# Das sind ALLE Dschungel-Kandidaten 2011



## Mandalorianer (11 Jan. 2011)

*Ich bin ein Star ...
Das sind ALLE Dschungel-Kandidaten 2011
​*


*Am 14. Januar startet auf RTL wieder das Dschungelcamp – und endlich sind alle Kandidaten bekannt. BUNTE.de verrät Ihnen, welche Promis in den Urwald gehen. ​*


Das Rätselraten um die diesjährigen Bewohner des RTL-Dschungelcamps hat ein Ende. Der TV-Sender hat nun die Promis bekannt gegeben, die sich ab Freitag auf Ekelprüfungen im australischen Dschungel einstellen können. Und so viel sei schon mal verraten: Schönheitschirurgen-Witwe Tatjana Gsell (39) wird leider nicht die Möglichkeit bekommen, folgenden Satz zu schreien: „Ich bin ein Star – holt mich hier raus!“

Doch keine Sorge, auch in diesem Jahr werden wieder diverse C-Promis für viel Unterhaltung im wohl spanndendsten Camp der Welt sorgen. Und damit es noch mehr zu lästern gibt, kämpfen in diesem Jahr sogar elf Kandidaten um die begehrte Krone des Dschungelkönigs.

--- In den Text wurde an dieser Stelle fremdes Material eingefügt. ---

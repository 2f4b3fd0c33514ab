-- ===== src/Engine/Binary.antt =====
-- src/engine.c: `generateBinaryFromCaptured`, its three passes together.
use dbrew.Prelude.{ℕ, ◌+◌, ◌-◌, ◌%◌, Option, none, some, List, [], ◌∷◌, ltb, ◌==◌}
use dbrew.Prelude.{if◌then◌else◌, ◌>>=◌, ◌>>◌, assert, length, get_elem?}
use dbrew.Capture.Blocks.{push_capture_bb}
use dbrew.Capture.Types.{Cbb}
use dbrew.Engine.Emit.{GenState}
use dbrew.Engine.Blocks.{GenCbb}
use dbrew.Engine.Link.{place_and_link}
use dbrew.Engine.Pass1.{out_of_fuel, finished, pass1, pass1_fuel}
use dbrew.Engine.Storage.{CodeStorage, reserve_code_storage, use_code_storage}

-- The first position of a block in an order.
unfoldable pub position : List ℕ → ℕ → Option ℕ
position [] i = none
position (j ∷ order) i = if j == i then some 0 else (do k ← position order i; some (k + 1))

-- A generated block as passes 2 and 3 see it, with pointers to blocks as positions in `genOrder`.
unfoldable pub gen_cbb : List ℕ → Cbb → Option GenCbb
unfolding position
gen_cbb order c = do
  n ← c.size
  some (record {
    count = c.count;
    end_type = c.end_type;
    next_branch = c.next_branch >>= position order;
    next_fall_through = c.next_fall_through >>= position order;
    size = n;
    addr1 = c.addr1;
    addr2 = c.addr2;
    gen_jcc8 = c.gen_jcc8;
    gen_jump = c.gen_jump;
  })

-- The blocks at some positions of the array.
unfoldable pub gen_cbbs : List ℕ → List Cbb → List ℕ → Option (List GenCbb)
unfolding gen_cbb
gen_cbbs order bbs [] = some []
gen_cbbs order bbs (i ∷ rest) = do
  c ← get_elem? bbs i
  p ← gen_cbb order c
  ps ← gen_cbbs order bbs rest
  some (p ∷ ps)

-- The code starts at a multiple of 64.
unfoldable pub align_storage : CodeStorage → Option CodeStorage
unfolding reserve_code_storage use_code_storage
align_storage cs = do
  buf0 ← reserve_code_storage cs 0
  let cl_off = buf0 % 64
  if ltb 0 cl_off then (do (_, cs1) ← use_code_storage cs (64 - cl_off); some cs1) else some cs

-- The rewriter behind the code generation. `placed` are the blocks of `genOrder`, with the members
-- that pass 2 sets.
pub record Binary : Type 0 where
  pub state : GenState
  pub placed : List GenCbb

-- The address and the size of the code, from the first block.
unfoldable pub generated_code : List GenCbb → CodeStorage → ℕ × ℕ
generated_code [] cs = (0, 0)
generated_code (p ∷ ps) cs = (p.addr2, cs.used - (p.addr2 - cs.buf))

-- Passes 2 and 3 on what pass 1 left from `buf0` on, where `used0` bytes were in use before.
unfoldable pub link_generated : GenState → ℕ → ℕ → Option Binary
unfolding gen_cbbs place_and_link generated_code
link_generated g buf0 used0 = do
  cbbs ← gen_cbbs g.gen_order g.context.cap_bb g.gen_order
  (placed, end, m) ← place_and_link cbbs buf0 g.memory
  let cs = record g.cs { used = used0 + (end - buf0) }
  assert (ltb 0 cs.used)
  let (addr, size) = generated_code placed cs
  some (record {
    state = record g {
      cs = cs;
      memory = m;
      generated_code_addr = addr;
      generated_code_size = size;
    };
    placed = placed;
  })

-- The function for a rewriter that has not generated code before, whose `genOrder` is empty. The
-- fuel of the loop is enough for every state.
unfoldable pub generate_binary_from_captured : GenState → Option Binary
unfolding align_storage reserve_code_storage push_capture_bb pass1 pass1_fuel link_generated
generate_binary_from_captured g = do
  cs ← align_storage g.cs
  buf0 ← reserve_code_storage cs 0
  assert (length g.context.cap_stack == 0)
  assert (ltb 0 (length g.context.cap_bb))
  let (_, c) = push_capture_bb g.context 0
  let g1 = record g { cs = cs; context = c }
  elim (c.e) [
    | some e ↦ some (record { state = g1; placed = [] })
    | none ↦ elim (pass1 (pass1_fuel g1) g1) [
      | out_of_fuel ↦ none
      | finished r ↦ do
        g2 ← r
        elim (g2.context.e) [
          | some e ↦ some (record { state = g2; placed = [] })
          | none ↦ link_generated g2 buf0 cs.used
        ]
    ]
  ]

Alt-Hippie Rainer Langhans (70), Schauspieler Mathieu Carrière (60), Model Gitta Saxx (45), „Hinter Gittern“-Star Katy Karrenbauer (48), Ex-„Bro´Sis“-Sängerin Indira Weis (31), Heidi Klums einstiger „Germany´s Next Top Model“-Schützling Sarah Knappik (24), Es-„US 5“-Sänger Jay Khan (28), Schwimmer Thomas Rupprath (33), Wedding-Planner Frank Matthée (42) und Moderator Peer Kusmagk (35) sind in diesem Jahr mit von der Partie. Und eine besonders überraschende Teilnehmerin zählt ebenfalls zu den Kandidaten: Eva Jacob (67) von den berühmten „Jacob Sisters“. Auch sie zieht ins Dschungelcamp ein.

*
Ab Freitag heißt es dann mitfiebern, mitreden, mitlästern. Wir sind jedenfalls schon gespannt,
wer als erstes zur Ekel-Prüfung antreten muss und welcher Promi sich im Urwald als echte Giftschlange entpuppt!*

*Gruss Gollum*


----------



## Q (11 Jan. 2011)

Hiess das nicht "ich bin *KEIN* Star..."  :thx:


----------



## posemuckel (11 Jan. 2011)

Die Ekel-Prüfung an sich besteht doch darin, sich mit allen diesen zumeist nichtsnutzigen, überflüssigen und zu Recht vergessenen "Promis" (?????) an einem Ort zu befinden.
Mir wird schon beim Gedanken daran schlecht!!!!!!!


----------



## redfive (11 Jan. 2011)

Möge der Dschungel gewinnen!


----------



## juliaweger (11 Jan. 2011)

na dann können wir ja mal ganz gespannt sein, was uns so erwartet =)


----------



## DonEnrico (11 Jan. 2011)

So kommt man wieder in die Presse!


----------



## Punisher (11 Jan. 2011)

Das sind ja nicht mal C-Promis


----------



## beachkini (11 Jan. 2011)

Indira Weis (31): 
Mit ihren Kollegen von Bro’Sis gab’s Zoff – Im Dschungel soll es besser laufen. Indira verspricht: „Wenn ich das Finale gewinne, gibt es einen Indira-Strip!“

einzig vielleicht schöne an dem ganzen


----------



## willbilder (11 Jan. 2011)

Wenn die noch nur mal anfangen würden die ganzen Z-Promis auch in dem Dschungel zu lassen.


----------



## frank63 (12 Jan. 2011)

Wenn sie im Dschungel bleiben würden, so würde sie sicher kaum einer vermissen. Oder tue ich dem einen oder anderen Unrecht??


----------



## Summertime (12 Jan. 2011)

Diese Versager sollten im Dschungel bleiben. Die Welt würde Langhans und co nicht vermissen.


----------



## chefbob (12 Jan. 2011)

ich bin echt mal gespannt was da so geht !!


----------